Essex voters

Another Election Day has come and gone – it being the sixth for Essex residents in just-over 13 months’ time.

With it: possibly the last-ever vote on whether or not the Town of Essex and the Village of Essex Junction should merge together.

The reconsideration of the March 2 Town Meeting vote on merger – in which the question was originally defeated – has preliminary results showing a higher overall town-wide turnout which once again defeated the question.

Merger failed by a preliminary count of 4,225-4,199.

The March 2 vote saw merger initially get defeated by 17 votes before a recount adjusted that to a defeat by 19 votes. A voter-led petition then called for the revote which was scheduled to take place in conjunction with the village’s and Essex Westford School District’s annual meetings.

Whether residents throughout the town ever vote on another, different plan of merger and associated charter for the merged communities could ultimately be determined by what the Village of Essex Junction decides to do moving forward.

Village election results

Part of the ballot for Village of Essex Junction voters was a non-binding, advisory question on whether the village should look into separating from the town and become the City of Essex Junction. That question passed by a count of 2,689-709.

If the Village Board of Trustees pursues that option and decides to put a binding question on a future ballot, only residents from the village will be afforded the opportunity to vote on that potential next step.

The separation conversation could start as early as Wednesday night as the trustees have a regular meeting scheduled for 6:30 p.m. April 14, on the agenda being “Discussion of legal counsel recommendations on options and next steps regarding merger and/or separation of Village of Essex Junction from Town of Essex” which is anticipated to take place in an executive session.

Two seats on the board of trustees were up for grabs with only two candidates being listed on the ballot for them. Current President Andrew Brown won re-election to the board while Amber Thibeault won her first three-year term. Thibeault has served on the board for the previous two years after being appointed in 2019 for the second year of a vacated seat and then winning the final year of the term in 2020.

Steven Eustis was uncontested in being re-elected as the village’s moderator, as was Jeanne Grant as a Brownell Library trustee.

Voters approved five other articles that were on the village-specific ballot:

–The proposed Fiscal Year 2022 General Fund Budget of $5,641,278 (2,536-807).

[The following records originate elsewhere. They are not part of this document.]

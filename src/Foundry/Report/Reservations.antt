-- ===== src/Foundry/Report/Reservations.antt =====
-- `Reservations`: one object that every call changes under its lock, so each call is a step. The
-- callbacks `valid` and `state_loader` and the clock are read at each call; a loader that raises is
-- `none`.
use apbra.Prelude.{
  ℕ, zero, suc, ◌+◌, Bool, true, false, not, ◌&&◌, ◌||◌, Option, none, some, List, [], ◌∷◌, String,
  str_eq, ◌==◌, ltb, opt_eq, is_none, is_some, ok, ◌>>=◌, ◌>>◌, require, some_or, contains, length,
  map, if◌then◌else◌,
}
use apbra.Foundry.Report.Types.{
  Stage, requirement_analysis, report_design, stage_eq, ProviderProfile, profile_eq, opt_str_eq,
  Slot, ReportApproval, ReportState, Operation, authorization_unavailable, Report,
}
use apbra.Foundry.Report.Approval.{same_input, period, Decimals, finite}

pub record Reservations : Type 0 where
  pub approval : ReportApproval
  pub expected_interpretation : Option ℕ
  pub expected_digest : Option String
  pub closed : Bool
  pub cursor : ℕ
  pub owner : Option ℕ
  pub attempts : List ℕ
  pub finished : List ℕ

-- What a call reads of its surroundings.
pub record Reading : Type 0 where
  pub now : ℕ
  pub month : String
  pub valid : Bool
  pub loaded : Option ReportState

abbrev pub no_attempt : Slot → ℕ
no_attempt slot = 0

abbrev pub fresh : ReportApproval → Reservations
fresh approval = record {
  approval = approval;
  expected_interpretation = approval.expected_interpretation_id;
  expected_digest = approval.expected_interpretation_digest;
  closed = false;
  cursor = 0;
  owner = none;
  attempts = map no_attempt approval.slots;
  finished = [];
}

-- The constructor validates the approval once more.
unfoldable pub open_reservations :
    (D : Decimals) → (ℕ → String) → ℕ → ReportApproval → Report Reservations
open_reservations D month now approval = do finite D month now approval; ok (fresh approval)

-- `xs[i]`
abbrev pub item {ℓ} : {A : Type ℓ} → ℕ → List A → Option A
item i [] = none
item zero (x ∷ xs) = some x
item (suc i) (x ∷ xs) = item i xs

-- `xs[i] += 1`
abbrev pub bump : ℕ → List ℕ → List ℕ
bump i [] = []
bump zero (x ∷ xs) = (x + 1) ∷ xs
bump (suc i) (x ∷ xs) = x ∷ bump i xs

abbrev pub is_same_input : ReportApproval → Option ReportState → Bool
is_same_input approval none = false
is_same_input approval (some state) = same_input approval state

unfoldable pub current_state : Reservations → Reading → Bool
current_state r reading =
    not r.closed
    && str_eq reading.month period
    && ltb reading.now r.approval.binding.authorization_deadline
    && reading.valid
    && is_same_input r.approval reading.loaded

unfoldable pub connected : Reservations → Reading → Bool
unfolding current_state
connected r reading = current_state r reading

unfoldable pub ready : Reservations → Reading → Bool
unfolding current_state
ready r reading = ltb r.cursor (length r.approval.slots) && current_state r reading

-- the first condition of `claim`
unfoldable pub may_claim : Reservations → Reading → Operation → ℕ → ProviderProfile → Bool
may_claim r reading operation company profile =
    not r.closed
    && reading.valid
    && str_eq reading.month period
    && ltb reading.now r.approval.binding.authorization_deadline
    && company == r.approval.binding.company_id
    && profile_eq profile r.approval.binding.provider_profile
    && operation.case_id == r.approval.case_id
    && not operation.completed
    && not (contains operation.nonce r.finished)
    && ltb r.cursor (length r.approval.slots)

-- what the state must show for a claim of the stage
unfoldable pub is_stage_ready : Reservations → Stage → ReportState → Bool
is_stage_ready r requirement_analysis state = is_none state.interpretation_id
is_stage_ready r report_design state =
    is_some r.expected_interpretation
    && is_some r.expected_digest
    && opt_eq state.interpretation_id r.expected_interpretation
    && opt_str_eq state.interpretation_digest r.expected_digest
    && opt_eq state.confirmed_interpretation_id r.expected_interpretation
    && opt_str_eq state.confirmed_digest r.expected_digest
    && is_some state.confirmed_contract_id
    && is_some state.confirmed_contract_digest
    && (is_none r.approval.confirmed_contract_id
        || opt_eq state.confirmed_contract_id r.approval.confirmed_contract_id
          && opt_str_eq state.confirmed_contract_digest r.approval.confirmed_contract_digest)

abbrev pub may_own : Option ℕ → Operation → Bool
may_own owner operation = is_none owner || opt_eq owner (some operation.nonce)

-- `CURRENT.get()` is the operation, where there is one.
unfoldable pub claim :
    Reservations → Reading → Option Operation → ℕ → ProviderProfile → Report Reservations
claim r reading context company profile = do
  operation ← some_or context authorization_unavailable
  require (may_claim r reading operation company profile) authorization_unavailable
  slot ← some_or (item r.cursor r.approval.slots) authorization_unavailable
  require (stage_eq operation.stage slot.stage) authorization_unavailable
  state ← some_or reading.loaded authorization_unavailable
  require (same_input r.approval state) authorization_unavailable
  require (is_stage_ready r slot.stage state) authorization_unavailable
  require (may_own r.owner operation) authorization_unavailable
  attempts ← some_or (item r.cursor r.attempts) authorization_unavailable
  require (ltb attempts slot.attempts) authorization_unavailable
  ok (record r { owner = some operation.nonce; attempts = bump r.cursor r.attempts })

-- After an analysis its stored interpretation is the one that a design must use.
abbrev pub expect : Reservations → Option ReportState → Reservations
expect r none = record r { closed = true }
expect r (some state) =
    if same_input r.approval state
    then record r {
      expected_interpretation = state.interpretation_id;
      expected_digest = state.interpretation_digest;
    }
    else r

abbrev pub learned : Stage → Reservations → Option ReportState → Reservations
learned requirement_analysis r loaded = expect r loaded
learned report_design r loaded = r

abbrev pub retired : Operation → Operation
retired operation = record operation { completed = true }

abbrev pub advanced : Reservations → Operation → Reservations
advanced r operation = record r {
  finished = operation.nonce ∷ r.finished;
  owner = none;
  cursor = r.cursor + 1;
}

unfoldable pub finish : Reservations → Reading → Operation → Reservations × Operation
finish r reading operation = (
  (if opt_eq r.owner (some operation.nonce)
      then advanced (learned operation.stage r reading.loaded) operation
      else r),
  retired operation,
)

unfoldable pub close : Reservations → Reservations
close r = record r { closed = true }

pub record Receipt : Type 0 where
  pub is_closed : Bool
  pub attempts_consumed : ℕ
  pub operations_consumed : ℕ

abbrev pub sum : List ℕ → ℕ
sum [] = 0
sum (x ∷ xs) = x + sum xs

unfoldable pub receipt : Reservations → Receipt
receipt r = record {
  is_closed = r.closed;
  attempts_consumed = sum r.attempts;
  operations_consumed = r.cursor;
}
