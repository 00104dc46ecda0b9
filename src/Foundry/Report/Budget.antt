-- ===== src/Foundry/Report/Budget.antt =====
-- What an approval can cost.
use apbra.Prelude.{
  ℕ, zero, suc, ◌+◌, ◌*◌, ◌≤◌, ◌<◌, ◌≡◌, refl, sym, subst, ◌&&◌, some, List, [], ◌∷◌, arith, ok,
  require, >>=-eq-ok, map, String,
}
use native.Mathlib.Nat.{mul-le-mul_right}
use apbra.Foundry.Report.Types.{Slot, ReportApproval, authorization_unavailable}
use apbra.Foundry.Report.Approval.{
  Decimals, IsCeiling, money, planned_from, total_of, finite, cap, is_positive, is_planned_report,
  most_attempts,
}
use apbra.Foundry.Report.Reservations.{item, bump, no_attempt}

-- Each slot has been claimed at most as often as it allows.
abbrev pub WithinSlots : List Slot → List ℕ → Type 0
WithinSlots [] [] = Unit
WithinSlots (slot ∷ slots) (n ∷ ns) = (n ≤ slot.attempts) × WithinSlots slots ns
WithinSlots [] (n ∷ ns) = ⊥
WithinSlots (slot ∷ slots) [] = ⊥

pub no_attempts-WithinSlots : (slots : List Slot) → WithinSlots slots (map no_attempt slots)
no_attempts-WithinSlots [] = tt
no_attempts-WithinSlots (slot ∷ slots) = (omega arith, no_attempts-WithinSlots slots)

pub bump-WithinSlots :
    (i : ℕ) (slots : List Slot) (ns : List ℕ) (slot : Slot) (n : ℕ)
    → WithinSlots slots ns
    → item i slots ≡ some slot
    → item i ns ≡ some n
    → n < slot.attempts
    → WithinSlots slots (bump i ns)
bump-WithinSlots i [] ns slot n w hs hn less = cc
bump-WithinSlots i (s ∷ ss) [] slot n w hs hn less = absurd w
bump-WithinSlots zero (s ∷ ss) (m ∷ ms) slot n w hs hn less =
    let same : s ≡ slot = ground arith in
    let same_n : m ≡ n = ground arith in
    (subst (λ t. m + 1 ≤ t.attempts) (sym same) (omega arith), w.1)
bump-WithinSlots (suc i) (s ∷ ss) (m ∷ ms) slot n w hs hn less =
    (w.0, bump-WithinSlots i ss ms slot n w.1 hs hn less)

abbrev pub AllZero : List ℕ → Type 0
AllZero [] = Unit
AllZero (n ∷ ns) = (n ≡ 0) × AllZero ns

-- The slots after the cursor have not been claimed.
abbrev pub ZeroBeyond : ℕ → List ℕ → Type 0
ZeroBeyond cursor [] = Unit
ZeroBeyond zero (n ∷ ns) = AllZero ns
ZeroBeyond (suc cursor) (n ∷ ns) = ZeroBeyond cursor ns

no_attempts-AllZero : (slots : List Slot) → AllZero (map no_attempt slots)
no_attempts-AllZero [] = tt
no_attempts-AllZero (slot ∷ slots) = (refl, no_attempts-AllZero slots)

pub no_attempts-ZeroBeyond : (slots : List Slot) → ZeroBeyond 0 (map no_attempt slots)
no_attempts-ZeroBeyond [] = tt
no_attempts-ZeroBeyond (slot ∷ slots) = no_attempts-AllZero slots

pub bump-ZeroBeyond : (i : ℕ) (ns : List ℕ) → ZeroBeyond i ns → ZeroBeyond i (bump i ns)
bump-ZeroBeyond i [] h = tt
bump-ZeroBeyond zero (n ∷ ns) h = h
bump-ZeroBeyond (suc i) (n ∷ ns) h = bump-ZeroBeyond i ns h

AllZero-ZeroBeyond : (ns : List ℕ) → AllZero ns → ZeroBeyond 0 ns
AllZero-ZeroBeyond [] h = tt
AllZero-ZeroBeyond (n ∷ ns) h = h.1

pub ZeroBeyond-next : (i : ℕ) (ns : List ℕ) → ZeroBeyond i ns → ZeroBeyond (i + 1) ns
ZeroBeyond-next i [] h = tt
ZeroBeyond-next zero (n ∷ ns) h = AllZero-ZeroBeyond ns h
ZeroBeyond-next (suc i) (n ∷ ns) h =
    let same : suc (i + 1) ≡ suc i + 1 = omega arith in
    subst (λ k. ZeroBeyond k (n ∷ ns)) same (ZeroBeyond-next i ns h)

module _ (D : Decimals) (units : D.Amount → ℕ) where
  -- The most that the attempts of the slots may have cost, by the bounds that the approval states.
  abbrev pub spent : List Slot → List ℕ → ℕ
  spent [] ns = 0
  spent (slot ∷ slots) [] = 0
  spent (slot ∷ slots) (n ∷ ns) = n * units (D.of_text slot.all_in_attempt_aud) + spent slots ns

  abbrev pub allowed : List Slot → ℕ
  allowed [] = 0
  allowed (slot ∷ slots) = slot.attempts * units (D.of_text slot.all_in_attempt_aud) + allowed slots

  pub spent-allowed :
      (slots : List Slot) (ns : List ℕ) → WithinSlots slots ns → spent slots ns ≤ allowed slots
  spent-allowed [] ns w = omega arith
  spent-allowed (slot ∷ slots) [] w = omega arith
  spent-allowed (slot ∷ slots) (n ∷ ns) w =
      let here = mul-le-mul_right (units (D.of_text slot.all_in_attempt_aud)) w.0 in
      let rest = spent-allowed slots ns w.1 in omega (arith, here, rest)

  abbrev pub committed : ReportApproval → ℕ
  committed approval =
      units (D.of_text approval.posted_aud)
      + units (D.of_text approval.unposted_exposure_aud)
      + units (D.of_text approval.outstanding_reserves_aud)

  module _ (ceiling : IsCeiling D units) where
    -- The plan covers what the slots allow.
    planned-allowed :
        (maximum : ℕ) (planned total : D.Amount) (slots : List Slot)
        → planned_from D maximum planned slots ≡ ok total
        → units planned + allowed slots ≤ units total
    unfolding planned_from money
    planned-allowed maximum planned total [] h =
        let same : planned ≡ total = ground arith in
        subst (λ t. units planned + 0 ≤ units t) same (omega arith)
    planned-allowed maximum planned total (slot ∷ slots) h =
        let bound = D.of_text slot.all_in_attempt_aud in
        let rest =
          planned-allowed maximum (D.add planned (D.times bound slot.attempts)) total slots
            (ground arith) in
        let sum = ceiling.add_units planned (D.times bound slot.attempts) in
        let product = ceiling.times_units bound slot.attempts in omega (arith, rest, sum, product)

    total_of-units :
        (approval : ReportApproval) (reserve total : D.Amount)
        → total_of D approval reserve ≡ ok total
        → committed approval + units reserve ≤ units total
    unfolding total_of money
    total_of-units approval reserve total h =
        let posted = D.of_text approval.posted_aud in
        let exposure = D.of_text approval.unposted_exposure_aud in
        let outstanding = D.of_text approval.outstanding_reserves_aud in
        let a = ceiling.add_units D.zero posted in
        let b = ceiling.add_units (D.add D.zero posted) exposure in
        let c = ceiling.add_units (D.add (D.add D.zero posted) exposure) outstanding in
        let d =
          ceiling.add_units (D.add (D.add (D.add D.zero posted) exposure) outstanding) reserve in
        let same : D.add (D.add (D.add (D.add D.zero posted) exposure) outstanding) reserve
            ≡ total =
          ground arith in
        subst (λ t. committed approval + units reserve ≤ units t) same (omega (arith, a, b, c, d))

    -- What a validated approval plans, reserves and counts besides is within the cap.
    pub finite-allowed :
        (month : ℕ → String) (now : ℕ) (approval : ReportApproval)
        → finite D month now approval ≡ ok tt
        → allowed approval.slots + committed approval ≤ units (cap D)
    unfolding finite
    finite-allowed month now approval h =
        let (_, _, h6) =
          >>=-eq-ok (require (is_planned_report D month now approval) authorization_unavailable) _
            h in
        let (planned, is_planned, h7) =
          >>=-eq-ok (planned_from D (most_attempts D approval) D.zero approval.slots) _ h6 in
        let (reserve, is_reserve, h8) = >>=-eq-ok (money D approval.chain_reserve_aud) _ h7 in
        let (_, covers, h9) =
          >>=-eq-ok
            (require (D.le planned reserve && is_positive D reserve) authorization_unavailable) _
            h8 in
        let (total, is_total, h10) = >>=-eq-ok (total_of D approval reserve) _ h9 in
        let a =
          planned-allowed (most_attempts D approval) D.zero planned approval.slots is_planned in
        let b = ceiling.le_units planned reserve (ground arith) in
        let c = total_of-units approval reserve total is_total in
        let d = ceiling.le_units total (cap D) (ground arith) in
        omega (arith, a, b, c, d, ceiling.zero_units)
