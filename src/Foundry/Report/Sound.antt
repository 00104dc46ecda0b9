-- ===== src/Foundry/Report/Sound.antt =====
-- Whatever the order of the calls, an approval is not exceeded.
use apbra.Prelude.{
  ℕ, ◌+◌, ◌≤◌, ◌<◌, ◌≡◌, refl, sym, ◌∙◌, subst, Option, none, some, arith, ok, >>=-eq-ok,
  Bool-cases, Option-cases, inl, inr, ◌⊎◌, length, opt_eq, opt_eq_iff, String,
}
use apbra.Foundry.Report.Types.{
  Stage, Slot, ProviderProfile, ReportApproval, ReportState, Operation, requirement_analysis,
  report_design,
}
use apbra.Foundry.Report.Approval.{Decimals, IsCeiling, finite, cap, same_input}
use apbra.Foundry.Report.Reservations.{
  Reservations, Reading, fresh, open_reservations, item, bump, claim, may_claim, finish, close,
  learned, expect, advanced,
}
use apbra.Foundry.Report.Budget.{
  WithinSlots, no_attempts-WithinSlots, ZeroBeyond, no_attempts-ZeroBeyond, bump-ZeroBeyond,
  ZeroBeyond-next, bump-WithinSlots, spent, spent-allowed, committed, finite-allowed,
}

-- The reservations of an approval while its calls are made: no slot is exceeded, and a slot is owned
-- only while it is open.
pub record IsSound (approval : ReportApproval) (r : Reservations) : Type 0 where
  pub same : r.approval ≡ approval
  pub within : WithinSlots approval.slots r.attempts
  pub cursor : r.cursor ≤ length approval.slots
  pub owned : (r.owner ≡ none) ⊎ (r.cursor < length approval.slots)
  pub beyond : ZeroBeyond r.cursor r.attempts
  pub counted : length r.finished ≡ r.cursor

fresh-IsSound : (approval : ReportApproval) → IsSound approval (fresh approval)
fresh-IsSound approval = record {
  same = refl;
  within = no_attempts-WithinSlots approval.slots;
  cursor = omega arith;
  owned = inl refl;
  beyond = no_attempts-ZeroBeyond approval.slots;
  counted = refl;
}

-- What a claim that succeeds has found and written.
pub record IsClaim (r : Reservations) (operation : Operation) (r' : Reservations) : Type 0 where
  pub slot : Slot
  pub attempts : ℕ
  pub here : item r.cursor r.approval.slots ≡ some slot
  pub count : item r.cursor r.attempts ≡ some attempts
  pub less : attempts < slot.attempts
  pub left : r.cursor < length r.approval.slots
  pub after : r' ≡ record r { owner = some operation.nonce; attempts = bump r.cursor r.attempts }

pub claim-IsClaim :
    (r : Reservations) (reading : Reading) (operation : Operation) (company : ℕ)
    (profile : ProviderProfile) (r' : Reservations)
    → claim r reading (some operation) company profile ≡ ok r'
    → IsClaim r operation r'
unfolding claim may_claim
claim-IsClaim r reading operation company profile r' h =
    elim (Option-cases (item r.cursor r.approval.slots)) [
      | inl missing ↦ absurd (ground arith)
      | inr (slot, here) ↦ elim (Option-cases (item r.cursor r.attempts)) [
        | inl missing ↦ absurd (ground arith)
        | inr (n, count) ↦ record {
          slot = slot;
          attempts = n;
          here = here;
          count = count;
          less = ground arith;
          left = ground arith;
          after = ground arith;
        }
      ]
    ]

claim-IsSound :
    (approval : ReportApproval) (r : Reservations) (operation : Operation) (r' : Reservations)
    → IsSound approval r
    → IsClaim r operation r'
    → IsSound approval r'
claim-IsSound approval r operation r' s c =
    let here : item r.cursor approval.slots ≡ some c.slot =
      subst (λ a. item r.cursor a.slots ≡ some c.slot) s.same c.here in
    let left : r.cursor < length approval.slots =
      subst (λ a. r.cursor < length a.slots) s.same c.left in
    subst (IsSound approval) (sym c.after) (record {
      same = s.same;
      within =
          bump-WithinSlots r.cursor approval.slots r.attempts c.slot c.attempts s.within here
            c.count c.less;
      cursor = s.cursor;
      owned = inr left;
      beyond = bump-ZeroBeyond r.cursor r.attempts s.beyond;
      counted = s.counted;
    })

expect-IsSound :
    (approval : ReportApproval) (r : Reservations) (loaded : Option ReportState)
    → IsSound approval r
    → IsSound approval (expect r loaded)
expect-IsSound approval r none s = record {
  same = s.same;
  within = s.within;
  cursor = s.cursor;
  owned = s.owned;
  beyond = s.beyond;
  counted = s.counted;
}
expect-IsSound approval r (some state) s = elim (Bool-cases (same_input r.approval state)) [
  | inl same ↦ rw same (record {
    same = s.same;
    within = s.within;
    cursor = s.cursor;
    owned = s.owned;
    beyond = s.beyond;
    counted = s.counted;
  })
  | inr other ↦ rw other s
]

expect-owner : (r : Reservations) (loaded : Option ReportState) → (expect r loaded).owner ≡ r.owner
expect-owner r none = refl
expect-owner r (some state) = ground arith

learned-IsSound :
    (approval : ReportApproval) (stage : Stage) (r : Reservations) (loaded : Option ReportState)
    → IsSound approval r
    → IsSound approval (learned stage r loaded) × ((learned stage r loaded).owner ≡ r.owner)
learned-IsSound approval requirement_analysis r loaded s =
    (expect-IsSound approval r loaded s, expect-owner r loaded)
learned-IsSound approval report_design r loaded s = (s, refl)

advanced-IsSound :
    (approval : ReportApproval) (q : Reservations) (operation : Operation) (n : ℕ)
    → IsSound approval q
    → q.owner ≡ some n
    → IsSound approval (advanced q operation)
advanced-IsSound approval q operation n s owner = record {
  same = s.same;
  within = s.within;
  cursor = elim s.owned [ inl none_ ↦ cc | inr left ↦ omega (arith, left) ];
  owned = inl refl;
  beyond = ZeroBeyond-next q.cursor q.attempts s.beyond;
  counted = omega (arith, s.counted);
}

finish-IsSound :
    (approval : ReportApproval) (r : Reservations) (reading : Reading) (operation : Operation)
    → IsSound approval r
    → IsSound approval (finish r reading operation).0
unfolding finish
finish-IsSound approval r reading operation s =
    elim (Bool-cases (opt_eq r.owner (some operation.nonce))) [
      | inr other ↦ rw other s
      | inl its ↦
          let (sound, owner) = learned-IsSound approval operation.stage r reading.loaded s in
          rw its (
            advanced-IsSound approval (learned operation.stage r reading.loaded) operation
              operation.nonce sound (owner ∙ (opt_eq_iff r.owner (some operation.nonce)).0 its))
    ]

-- One call, by whoever holds the lock.
pub data ReservationStep : Reservations → Reservations → Type 0 where
  claimed :
      (r : Reservations) (reading : Reading) (operation : Operation) (company : ℕ)
      (profile : ProviderProfile) (r' : Reservations)
      → claim r reading (some operation) company profile ≡ ok r'
      → ReservationStep r r'
  finished :
      (r : Reservations) (reading : Reading) (operation : Operation)
      → ReservationStep r (finish r reading operation).0
  closed : (r : Reservations) → ReservationStep r (close r)

pub data ReservationReach (r : Reservations) : Reservations → Type 0 where
  here : ReservationReach r r
  next : {q t : Reservations} → ReservationReach r q → ReservationStep q t → ReservationReach r t

step-IsSound :
    {r t : Reservations} (approval : ReportApproval)
    → IsSound approval r
    → ReservationStep r t
    → IsSound approval t
unfolding close
step-IsSound approval s (claimed r reading operation company profile r' h) =
    claim-IsSound approval r operation r' s (claim-IsClaim r reading operation company profile r' h)
step-IsSound approval s (finished r reading operation) =
    finish-IsSound approval r reading operation s
step-IsSound approval s (closed r) = record {
  same = s.same;
  within = s.within;
  cursor = s.cursor;
  owned = s.owned;
  beyond = s.beyond;
  counted = s.counted;
}

reach-IsSound :
    {r t : Reservations} (approval : ReportApproval)
    → IsSound approval r
    → ReservationReach r t
    → IsSound approval t
reach-IsSound approval s here = s
reach-IsSound approval s (next before step) =
    step-IsSound approval (reach-IsSound approval s before) step

-- Where decimal arithmetic rounds up, and measured in a unit that is fine enough, the attempts that the
-- reservations of a validated approval have claimed cost, at the approval's own bounds and together
-- with the posted, exposed and outstanding amounts, no more than the cap of 10.00.
pub ReservationReach-cap :
    (D : Decimals) (units : D.Amount → ℕ) (month : ℕ → String) (now : ℕ) (approval : ReportApproval)
    (opened r : Reservations)
    → IsCeiling D units
    → open_reservations D month now approval ≡ ok opened
    → ReservationReach opened r
    → spent D units approval.slots r.attempts + committed D units approval ≤ units (cap D)
unfolding open_reservations
ReservationReach-cap D units month now approval opened r ceiling h reach =
    let (_, valid, h1) = >>=-eq-ok (finite D month now approval) _ h in
    let is_fresh : fresh approval ≡ opened = ground arith in
    let s =
      reach-IsSound approval (subst (IsSound approval) is_fresh (fresh-IsSound approval)) reach in
    let a = finite-allowed D units ceiling month now approval valid in
    let b = spent-allowed D units approval.slots r.attempts s.within in omega (arith, a, b)
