-- ===== src/Foundry/Report/Ended.antt =====
-- What stops the claims of an operation for good.
use apbra.Prelude.{ℕ, ◌≡◌, true, ◌⊎◌, contains}
use apbra.Foundry.Report.Reservations.{Reservations}
use apbra.Foundry.Report.Sound.{finished, closed}

-- What makes every later claim of the operation fail.
abbrev pub IsOver : ℕ → Reservations → Type 0
IsOver nonce r = (r.closed ≡ true) ⊎ (contains nonce r.finished ≡ true)
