-- ===== src/Foundry/Report/Stages.antt =====
-- What a claim for a design rests on.
use apbra.Prelude.{ℕ, ◌≡◌, none, some, ◌⊎◌, String}
use apbra.Foundry.Report.Types.{ReportState, ReportApproval}
use apbra.Foundry.Report.Reservations.{Reservations}

-- The contract of the state, which is the approved one where the approval names one.
abbrev pub IsApprovedContract : ReportApproval → ReportState → Type 0
IsApprovedContract approval state =
    (contract : ℕ) × (digest : String) × (state.confirmed_contract_id ≡ some contract)
    × (state.confirmed_contract_digest ≡ some digest)
    × ((approval.confirmed_contract_id ≡ none)
        ⊎ ((approval.confirmed_contract_id ≡ some contract)
            × (approval.confirmed_contract_digest ≡ some digest)))

-- What the state shows of one interpretation.
abbrev pub IsConfirmed : ReportState → ℕ → String → Type 0
IsConfirmed state id digest =
    (state.interpretation_id ≡ some id)
    × (state.interpretation_digest ≡ some digest)
    × (state.confirmed_interpretation_id ≡ some id)
    × (state.confirmed_digest ≡ some digest)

–Authorization to transfer the remaining balance in the Land Acquisition Fund, estimated balance to be approximately $82,700, to the Economic Development Fund to be used for downtown development (2,608-768).

–Extending the one cent Capital Improvement tax – also known as Economic Development tax – as established in 2016, to be reconsidered at annual meeting in 2024 (2,433-905).

–Raising the annual stipend for the position of a Trustee of the Village Board of Trustees from $500 to $1,000 (2,281-1,110).

–Holding the 2022 Annual Meeting on Wednesday, April 6, 2022 to act upon any articles not involving voting by Australian ballot and to reconvene on Tuesday, April 12, 2022 to vote for the Village officers and transact any business involving voting by Australian ballot (2,936-373).